**WHAT NEEDS TO BE DONE**
Word for word, write out all of the entries that follow.

Stored items
-- ===== src/Cgroups/Config.antt =====
-- `CgroupConfig` and the controllers that it needs.
use boxed.Prelude.{
  ℕ, ◌≡◌, Bool, true, false, not, ◌&&◌, ◌||◌, List, [], ◌∷◌, ◌++◌, Option, none, some,
  if◌then◌else◌, is_empty, arith,
}
use boxed.Text.{Text, codes}
use boxed.Error.{not_a_block_device, failed_to_stat, bail}
use boxed.Kernel.{Io, call, lift, pure, within, ◌>>=◌, ◌>>◌, stat}
use boxed.Text.Decimal.{to_string}
use boxed.Cgroups.IoMax.{parse_io_max}

pub record CgroupConfig : Type 0 where
  pub cpu_quota : Option ℕ
  pub memory_max : Option ℕ
  pub pids_limit : Option ℕ
  pub cpuset_cpus : Option Text
  pub cpuset_mems : Option Text
  pub io_max : List Text

abbrev pub is_some {ℓ} : {A : Type ℓ} → Option A → Bool
is_some none = false
is_some (some a) = true

abbrev is_none {ℓ} : {A : Type ℓ} → Option A → Bool
is_none none = true
is_none (some a) = false

pub record RequiredController : Type 0 where
  pub name : Text
  pub flag : Text

unfoldable pub is_noop : CgroupConfig → Bool
is_noop config =
    is_none config.cpu_quota
    && is_none config.memory_max
    && is_none config.pids_limit
    && is_none config.cpuset_cpus
    && is_none config.cpuset_mems
    && is_empty config.io_max

-- `if test { required.push(controller) }`
abbrev pub push_if : Bool → Text → Text → List RequiredController → List RequiredController
push_if test name flag required =
    if test then required ++ record { name = name; flag = flag } ∷ [] else required

unfoldable pub required_controllers : CgroupConfig → List RequiredController
required_controllers config =
    push_if (not (is_empty config.io_max)) (codes "io") (codes "--io-max") (
      push_if (is_some config.cpuset_cpus || is_some config.cpuset_mems) (codes "cpuset")
        (codes "--cpuset-cpus/--cpuset-mems")
        (push_if (is_some config.pids_limit) (codes "pids") (codes "--pids-limit") (
          push_if (is_some config.memory_max) (codes "memory") (codes "--memory")
            (push_if (is_some config.cpu_quota) (codes "cpu") (codes "--cpu") []))))

-- A configuration asks for nothing exactly if it needs no controller.
is_noop-required_controllers :
    (config : CgroupConfig) → is_noop config ≡ is_empty (required_controllers config)
unfolding is_noop required_controllers
is_noop-required_controllers config = ground arith

-- `resolve_device`
unfoldable pub resolve_device : Text → Io Text
resolve_device path = do
  info ← within (failed_to_stat path) (call (stat path))
  if not info.is_block
      then lift (bail (not_a_block_device path))
      else pure (to_string info.major ++ b':' ∷ to_string info.minor)

unfoldable pub validate_specs : List Text → Io (Unit {0})
validate_specs [] = pure tt
validate_specs (spec ∷ specs) = do
  parsed ← lift (parse_io_max spec)
  resolve_device parsed.device
  validate_specs specs

-- `CgroupConfig::validate`
unfoldable pub validate : CgroupConfig → Io (Unit {0})
unfolding validate_specs
validate config = validate_specs config.io_max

**RESULT**
-- ===== src/Cgroups/Config.antt =====
-- `CgroupConfig` and the controllers that it needs.
use boxed.Prelude.{
  ℕ, ◌≡◌, Bool, true, false, not, ◌&&◌, ◌||◌, List, [], ◌∷◌, ◌++◌, Option, none, some,
  if◌then◌else◌, is_empty, arith,
}
use boxed.Text.{Text, codes}
use boxed.Error.{not_a_block_device, failed_to_stat, bail}
use boxed.Kernel.{Io, call, lift, pure, within, ◌>>=◌, ◌>>◌, stat}
use boxed.Text.Decimal.{to_string}
use boxed.Cgroups.IoMax.{parse_io_max}

pub record CgroupConfig : Type 0 where
  pub cpu_quota : Option ℕ
  pub memory_max : Option ℕ
  pub pids_limit : Option ℕ
  pub cpuset_cpus : Option Text
  pub cpuset_mems : Option Text
  pub io_max : List Text

abbrev pub is_some {ℓ} : {A : Type ℓ} → Option A → Bool
is_some none = false
is_some (some a) = true

abbrev is_none {ℓ} : {A : Type ℓ} → Option A → Bool
is_none none = true
is_none (some a) = false

pub record RequiredController : Type 0 where
  pub name : Text
  pub flag : Text

unfoldable pub is_noop : CgroupConfig → Bool
is_noop config =
    is_none config.cpu_quota
    && is_none config.memory_max
    && is_none config.pids_limit
    && is_none config.cpuset_cpus
    && is_none config.cpuset_mems
    && is_empty config.io_max

-- `if test { required.push(controller) }`
abbrev pub push_if : Bool → Text → Text → List RequiredController → List RequiredController
push_if test name flag required =
    if test then required ++ record { name = name; flag = flag } ∷ [] else required

unfoldable pub required_controllers : CgroupConfig → List RequiredController
required_controllers config =
    push_if (not (is_empty config.io_max)) (codes "io") (codes "--io-max") (
      push_if (is_some config.cpuset_cpus || is_some config.cpuset_mems) (codes "cpuset")
        (codes "--cpuset-cpus/--cpuset-mems")
        (push_if (is_some config.pids_limit) (codes "pids") (codes "--pids-limit") (
          push_if (is_some config.memory_max) (codes "memory") (codes "--memory")
            (push_if (is_some config.cpu_quota) (codes "cpu") (codes "--cpu") []))))

-- A configuration asks for nothing exactly if it needs no controller.
is_noop-required_controllers :
    (config : CgroupConfig) → is_noop config ≡ is_empty (required_controllers config)
unfolding is_noop required_controllers
is_noop-required_controllers config = ground arith

-- `resolve_device`
unfoldable pub resolve_device : Text → Io Text
resolve_device path = do
  info ← within (failed_to_stat path) (call (stat path))
  if not info.is_block
      then lift (bail (not_a_block_device path))
      else pure (to_string info.major ++ b':' ∷ to_string info.minor)

unfoldable pub validate_specs : List Text → Io (Unit {0})
validate_specs [] = pure tt
validate_specs (spec ∷ specs) = do
  parsed ← lift (parse_io_max spec)
  resolve_device parsed.device
  validate_specs specs

-- `CgroupConfig::validate`
unfoldable pub validate : CgroupConfig → Io (Unit {0})
unfolding validate_specs
validate config = validate_specs config.io_max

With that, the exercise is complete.